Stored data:

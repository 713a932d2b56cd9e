-- ===== src/StepEngine/Accounted.antt =====
-- packages/workflow/src/engine.ts: no step is lost while `execute` runs.
use ai_orchestration.Prelude.{
  String, Bool, true, false, ◌&&◌, ◌||◌, ◌≡◌, refl, Option, none, some, List, [], ◌∷◌, str_eq_iff,
  Bool-cases, inl, inr, Thrown, ok, throw, arith,
}
use ai_orchestration.Prelude.Dict.{lookup, lookup-insert}
use ai_orchestration.Prelude.Names.{has}
use ai_orchestration.Value.{Value}
use ai_orchestration.Workflow.{WorkflowStep, StepResult}
use ai_orchestration.StepExpr.Tokens.{ExpressionError}
use ai_orchestration.StepEngine.State.{
  Execution, Progress, eligible, ineligible, Verdict, EngineError, is_eligible,
}
use ai_orchestration.StepEngine.Pass.{
  Launched, go, stop, launch_as, launch, launch_all, skipped_result, abandon, to_launch, is_empty,
}
use ai_orchestration.StepEngine.Machine.{
  Phase, rejected, EngineState, start_state, complete, settle, retire, resume, after_launch,
  loop_round, end_cancelled, Step, loops, settles, retires, resumes, resumes_aborted, rejects,
  aborts, drains, Reachable, starts, steps,
}
use ai_orchestration.StepEngine.Ids.{ids, has-drop_step, has-ids_append_one}
use ai_orchestration.StepEngine.Initial.{has-initial}
use ai_orchestration.StepEngine.Exclusive.{
  is_pending, is_running, has_result, has_result-abandon, tasks-abandon, pending-abandon,
}

abbrev pub is_known : Progress → String → Bool
is_known p j = is_pending p j || (is_running p j || has_result p j)

abbrev pub is_rejected : Phase → Bool
is_rejected (rejected _) = true
is_rejected _ = false

abbrev ended_rejected : Option (Option ExpressionError) → Bool
ended_rejected (some (some e)) = true
ended_rejected _ = false

-- The task of the step was rejected.
abbrev pub was_rejected : EngineState → String → Bool
was_rejected st j = ended_rejected (lookup j st.settled)

-- After the launches: the step is known, or they stopped.
abbrev known_after : Launched → String → Bool
known_after (go q) j = is_known q j
known_after (stop q e) j = true

launch_as-known :
    (s : WorkflowStep) (p : Progress) (v : Thrown EngineError Verdict) (j : String)
    → is_known p j ≡ true
    → known_after (launch_as s p v) j ≡ true
unfolding launch_as
launch_as-known s p (throw e) j h = refl
launch_as-known s p (ok eligible) j h =
    ground
      (arith, h, has-drop_step s.id j p.pending, has-ids_append_one j p.tasks s, str_eq_iff s.id j)
launch_as-known s p (ok (ineligible reason t)) j h = ground (
  arith,
  h,
  has-drop_step s.id j p.pending,
  lookup-insert s.id j (skipped_result s.id reason) p.results,
  str_eq_iff s.id j,
)

launch_all-known :
    (x : Execution) (ss : List WorkflowStep) (p : Progress) (j : String)
    → is_known p j ≡ true
    → known_after (launch_all x ss p) j ≡ true
unfolding launch_all launch
launch_all-known x [] p j h = h
launch_all-known x (s ∷ ss) p j h =
    onwards (launch_as s p (is_eligible x p s)) (launch_as-known s p (is_eligible x p s) j h)
      (λ q k. launch_all-known x ss q j k)
  where
    onwards :
        (l : Launched)
        → known_after l j ≡ true
        → ((q : Progress) → is_known q j ≡ true → known_after (launch_all x ss q) j ≡ true)
        → known_after (elim l [ go q ↦ launch_all x ss q | stop q e ↦ stop q e ]) j ≡ true
    onwards (go q) h k = k q h
    onwards (stop q e) h k = refl

abandon-known :
    (p : Progress) (j : String) → is_known p j ≡ true → is_known (abandon p.pending p) j ≡ true
unfolding has
abandon-known p j h =
    rw (pending-abandon p.pending p, tasks-abandon p.pending p, has_result-abandon j p.pending p)
      (ground (arith, h))

-- The step is pending, runs, has its result or was rejected; or the execution was.
abbrev pub accounts_for : EngineState → String → Bool
accounts_for st j = is_rejected st.phase || (is_known st.progress j || was_rejected st j)

complete-known :
    (s : WorkflowStep) (r : StepResult) (p : Progress) (j : String)
    → is_known p j ≡ true
    → is_known (complete s r p) j ≡ true
unfolding complete
complete-known s r p j h =
    ground
      (arith, h, has-drop_step s.id j p.tasks, lookup-insert s.id j r p.results, str_eq_iff s.id j)

settle-accounts_for :
    (s : WorkflowStep) (ended : Thrown ExpressionError StepResult) (st : EngineState) (j : String)
    → accounts_for st j ≡ true
    → accounts_for (settle s ended st) j ≡ true
unfolding settle complete
settle-accounts_for s (ok r) st j h = ground (
  arith,
  h,
  complete-known s r st.progress j,
  lookup-insert s.id j r st.progress.results,
  lookup-insert s.id j none st.settled,
  str_eq_iff s.id j,
)
settle-accounts_for s (throw e) st j h = ground (
  arith,
  h,
  has-drop_step s.id j st.progress.tasks,
  lookup-insert s.id j (some e) st.settled,
  str_eq_iff s.id j,
)

module _ (json : Value → String) (x : Execution) where
  after_launch-accounts_for :
      (st : EngineState) (j : String) (l : Launched)
      → (is_known st.progress j ≡ true → known_after l j ≡ true)
      → (is_known st.progress j || was_rejected st j) ≡ true
      → accounts_for (after_launch x st l) j ≡ true
  unfolding after_launch
  after_launch-accounts_for st j (stop q e) k h = refl
  after_launch-accounts_for st j (go q) k h = ground (arith, h, k)

  loop_round-accounts_for :
      (st : EngineState) (j : String)
      → (is_known st.progress j || was_rejected st j) ≡ true
      → accounts_for (loop_round x st) j ≡ true
  unfolding loop_round
  loop_round-accounts_for st j h =
      elim (Bool-cases (is_empty st.progress.pending || st.was_cancelled)) [
        | inl e ↦ rw e (ground (arith, h))
        | inr e ↦
            elim (Bool-cases
              (is_empty (to_launch x st.progress) && is_empty st.progress.in_flight)) [
                | inl f ↦ rw (e, f) (ground (arith, h, abandon-known st.progress j))
                | inr f ↦
                    rw (e, f)
                      (after_launch-accounts_for st j
                        (launch_all x (to_launch x st.progress) st.progress)
                        (launch_all-known x (to_launch x st.progress) st.progress j) h)
              ]
      ]

  Step-accounts_for :
      (st next : EngineState) (j : String)
      → Step json x st next
      → accounts_for st j ≡ true
      → accounts_for next j ≡ true
  unfolding retire resume end_cancelled
  Step-accounts_for st _ j (loops _ now) h = loop_round-accounts_for st j (rw now at h)
  Step-accounts_for st _ j (settles _ task attempts started finished ended now m ran) h =
      settle-accounts_for task ended st j h
  Step-accounts_for st _ j (retires _ id now done there) h = h
  Step-accounts_for st _ j (resumes _ ws id now w s gone) h = rw now at h
  Step-accounts_for st _ j (resumes_aborted _ ws now a) h = rw now at h
  Step-accounts_for st _ j (rejects _ ws id e now w s gone) h = refl
  Step-accounts_for st _ j (aborts _ a) h = h
  Step-accounts_for st _ j (drains _ ws now all) h = rw now at h

  -- While `execute` has not been rejected, every step of the definition is pending, runs, has its
  -- result, or had its task rejected.
  pub Reachable-accounts_for :
      (st : EngineState) (step : WorkflowStep)
      → Reachable json x st
      → has step.id (ids x.definition.steps) ≡ true
      → accounts_for st step.id ≡ true
  unfolding start_state
  Reachable-accounts_for _ step (starts aborted) h = ground (arith, h, has-initial x step.id)
  Reachable-accounts_for _ step (steps st next r s) h =
      Step-accounts_for st next step.id s (Reachable-accounts_for st step r h)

- [WORK TO BE COMPLETED]: What do the lines above say from the one containing "settle-accounts_for s (throw" down to the one containing "elim (Bool-cases (is_empty"? Return them exactly, both end lines included, and only them.

- [ANSWER FOR THIS EXERCISE]:
settle-accounts_for s (throw e) st j h = ground (
  arith,
  h,
  has-drop_step s.id j st.progress.tasks,
  lookup-insert s.id j (some e) st.settled,
  str_eq_iff s.id j,
)

module _ (json : Value → String) (x : Execution) where
  after_launch-accounts_for :
      (st : EngineState) (j : String) (l : Launched)
      → (is_known st.progress j ≡ true → known_after l j ≡ true)
      → (is_known st.progress j || was_rejected st j) ≡ true
      → accounts_for (after_launch x st l) j ≡ true
  unfolding after_launch
  after_launch-accounts_for st j (stop q e) k h = refl
  after_launch-accounts_for st j (go q) k h = ground (arith, h, k)

  loop_round-accounts_for :
      (st : EngineState) (j : String)
      → (is_known st.progress j || was_rejected st j) ≡ true
      → accounts_for (loop_round x st) j ≡ true
  unfolding loop_round
  loop_round-accounts_for st j h =
      elim (Bool-cases (is_empty st.progress.pending || st.was_cancelled)) [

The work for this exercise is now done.